Robusta KRR w/ GMP
- 3 minutes read - 493 wordsI’ve been spending time recently optimizing Ackal’s use of Google Cloud Logging and Cloud Monitoring in posts:
- Filtering metrics w/ Google Managed Prometheus
- Kubernetes metrics, metrics everywhere
- Google Metric Diagnostics and Metric Data Ingested
Yesterday, I read that Robusta has a new open source project Kubernetes Resource Recommendations (KRR) so I took some time to evaluate it.
This post describes the changes I had to make to get KRR working with Google Managed Prometheus (GMP):
- Enable Kubelet|cAdvisor
- Enable kube-state-metrics
- Create a
ClusterRules
recording rule for KRR’s PromQL for CPU - Revise KRR source to tweak the KRR’s PromQL for Memory
Enable Kubelet|cAdvisor
The GMP configuration file operatorconfig/config
in Namespace gmp-public
needs to be revised (per the instructions) to include:
collection:
kubeletScraping:
interval: 30s
Additionally, and in anticipation of KRR’s PromQL queries, 3 metrics must be included:
collection:
filter:
matchOneOf:
- '{__name__=~"kube_pod_info"}'
- '{__name__=~"container_cpu_usage_seconds_total"}'
- '{__name__=~"container_memory_working_set_bytes"}'
kubeletScraping:
interval: 30s
Enable kube-state-metrics
You will need to apply the configuration described in Install Kube State Metrics.
curl \
--silent \
https://raw.githubusercontent.com/GoogleCloudPlatform/prometheus-engine/main/examples/kube-state-metrics/kube-state-metrics.yaml \
| kubectl apply --filename=-
Create a ClusterRules
KRR uses 2 PromQL queries as described in the repo’s README metrics gathering. The first, corresponding to CPU is defined:
sum(
node_namespace_pod_container:container_cpu_usage_seconds_total:sum_irate{
namespace="{object.namespace}",
pod="{pod}",
container="{object.container}"
}
)
node_namespace_pod_container:container_cpu_usage_seconds_total:sum_irate
is a recording rule that was not present in GMP. It uses 2 metrics (container_cpu_usage_seconds_total
and kube_pod_info
) I was able to find a reference to its implementation:
sum by (cluster, namespace, pod, container) (
irate(container_cpu_usage_seconds_total{job="kubelet", image!=""}[5m])

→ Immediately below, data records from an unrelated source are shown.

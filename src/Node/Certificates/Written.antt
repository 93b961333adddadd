-- ===== src/Node/Certificates/Written.antt =====
-- node/lego.go: the files behind a certificate that was written.
use v2b_x_turbo.Base.{
  false, String, none, ok, ◌≡◌, ◌≢◌, refl, sym, ap, ◌∙◌, arith, has_char, has_prefix,
}
use v2b_x_turbo.Conf.Types.{CertConfig}
use v2b_x_turbo.Node.Certificates.System.{
  try, label, Ends, after-Ends, after-Ends_any, labelled-Ends, if-Ends, Ends-map, try-Ends, System,
  Resource,
}
use v2b_x_turbo.Node.Certificates.Account.{exists, check_path}
use v2b_x_turbo.Node.Certificates.Lego.{replace_params, parse_params, write_cert}

pub replace_params-plain :
    (domain email s : String) → has_char 123 s ≡ false → replace_params domain email 0 s ≡ s
unfolding replace_params has_char has_prefix
replace_params-plain domain email String.[] h = refl
replace_params-plain domain email (String.◌∷◌ c s) h =
    ground (arith, replace_params-plain domain email s)

-- What files do: a written text is read, and a call leaves the other files alone.
pub record Stores {W Key Reg Client Provider Cert : Type 0}
    (sys : System W Key Reg Client Provider Cert) : Type 0 where
  pub reads :
      (p t : String) (w : W)
      → (sys.write_file p t w).0 ≡ none
      → sys.read_file p (sys.write_file p t w).1 ≡ ok t
  pub others :
      (p q t : String) (w : W)
      → p ≢ q
      → sys.read_file q (sys.write_file p t w).1 ≡ sys.read_file q w
  pub mkdirs : (p q : String) (w : W) → sys.read_file q (sys.mkdir_all p w).1 ≡ sys.read_file q w

module _ {W Key Reg Client Provider Cert : Type 0} (sys : System W Key Reg Client Provider Cert)
    (stores : Stores sys) where
  -- Both files hold what was issued.
  abbrev pub Hold : String → String → Resource → Unit {0} → W → Type 0
  Hold cert key r _ w =
      (sys.read_file cert w ≡ ok r.certificate) × (sys.read_file key w ≡ ok r.private_key)

  check_path-reads :
      (p q t s : String) (w : W)
      → sys.read_file q w ≡ ok t
      → Ends (λ _ w'. sys.read_file q w' ≡ ok t) (label s (check_path sys p) w)
  unfolding check_path
  check_path-reads p q t s w e =
      let Reads : Unit {0} → W → Type 0 = λ _ w'. sys.read_file q w' ≡ ok t in
      let made = sys.mkdir_all (sys.dir p) w in
      labelled-Ends Reads s (check_path sys p w) (
        if-Ends Reads (exists sys (sys.dir p) w) _ _ (λ _. e)
          λ _.
            labelled-Ends Reads "create dir error: " (try (sys.mkdir_all (sys.dir p)) w)
              (try-Ends Reads made.0 made.1 λ _. stores.mkdirs (sys.dir p) q w ∙ e))

  write_cert-Hold :
      (config : CertConfig) (r : Resource) (w : W)
      → parse_params config config.key_file ≢ parse_params config config.cert_file
      → Ends
          (Hold (parse_params config config.cert_file) (parse_params config config.key_file) r)
          (write_cert sys config r w)
  unfolding write_cert
  write_cert-Hold config r w apart =
      let cert = parse_params config config.cert_file in
      let key = parse_params config config.key_file in
      let Reads : Unit {0} → W → Type 0 = λ _ w'. sys.read_file cert w' ≡ ok r.certificate in
      let Both = Hold cert key r in
      after-Ends_any Both _ _ λ _ w1.
        after-Ends Both Reads (try (sys.write_file cert r.certificate) w1) _
          (try-Ends Reads _ _ (stores.reads cert r.certificate w1))
          λ _ w2 there.
            after-Ends Both Reads (label "check path error: " (check_path sys config.key_file) w2) _
              (check_path-reads config.key_file cert r.certificate "check path error: " w2 there)
              λ _ w3 there'. try-Ends Both _ _ λ done. (
                stores.others key cert r.private_key w3 apart ∙ there',
                stores.reads key r.private_key w3 done,
              )

  pub write_cert-Hold_plain :
      (config : CertConfig) (r : Resource) (w : W)
      → has_char 123 config.cert_file ≡ false
      → has_char 123 config.key_file ≡ false
      → config.key_file ≢ config.cert_file
      → Ends (Hold config.cert_file config.key_file r) (write_cert sys config r w)
  unfolding parse_params
  write_cert-Hold_plain config r w plain plain' apart =
      let cert = replace_params-plain config.cert_domain config.email config.cert_file plain in
      let key = replace_params-plain config.cert_domain config.email config.key_file plain' in
      Ends-map (Hold (parse_params config config.cert_file) (parse_params config config.key_file) r)
        (Hold config.cert_file config.key_file r) (write_cert sys config r w)
        (λ _ w1 both. (
          ap (λ p. sys.read_file p w1) (sym cert) ∙ both.0,
          ap (λ p. sys.read_file p w1) (sym key) ∙ both.1,
        ))
        (write_cert-Hold config r w λ same. apart (sym key ∙ same ∙ cert))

) * on (cluster, namespace, pod) group_left(node) topk by (cluster,
namespace, pod) (
1, max by(cluster, namespace, pod, node) (kube_pod_info{node!=""})
)
NOTE I’ve removed the reference to a label
metrics_path
that is not used bykube-state-metrics
which exports the metriccontainer_cpu_usage_seconds_total
This must then be applied to the cluster:
apiVersion: monitoring.googleapis.com/v1
kind: ClusterRules
metadata:
name: krr
spec:
groups:
- name: krr
interval: 30s
rules:
- record: >-
node_namespace_pod_container:container_cpu_usage_seconds_total:sum_irate
expr: >-
sum by (cluster, namespace, pod, container) (
irate(container_cpu_usage_seconds_total{job="kubelet", image!=""}[5m])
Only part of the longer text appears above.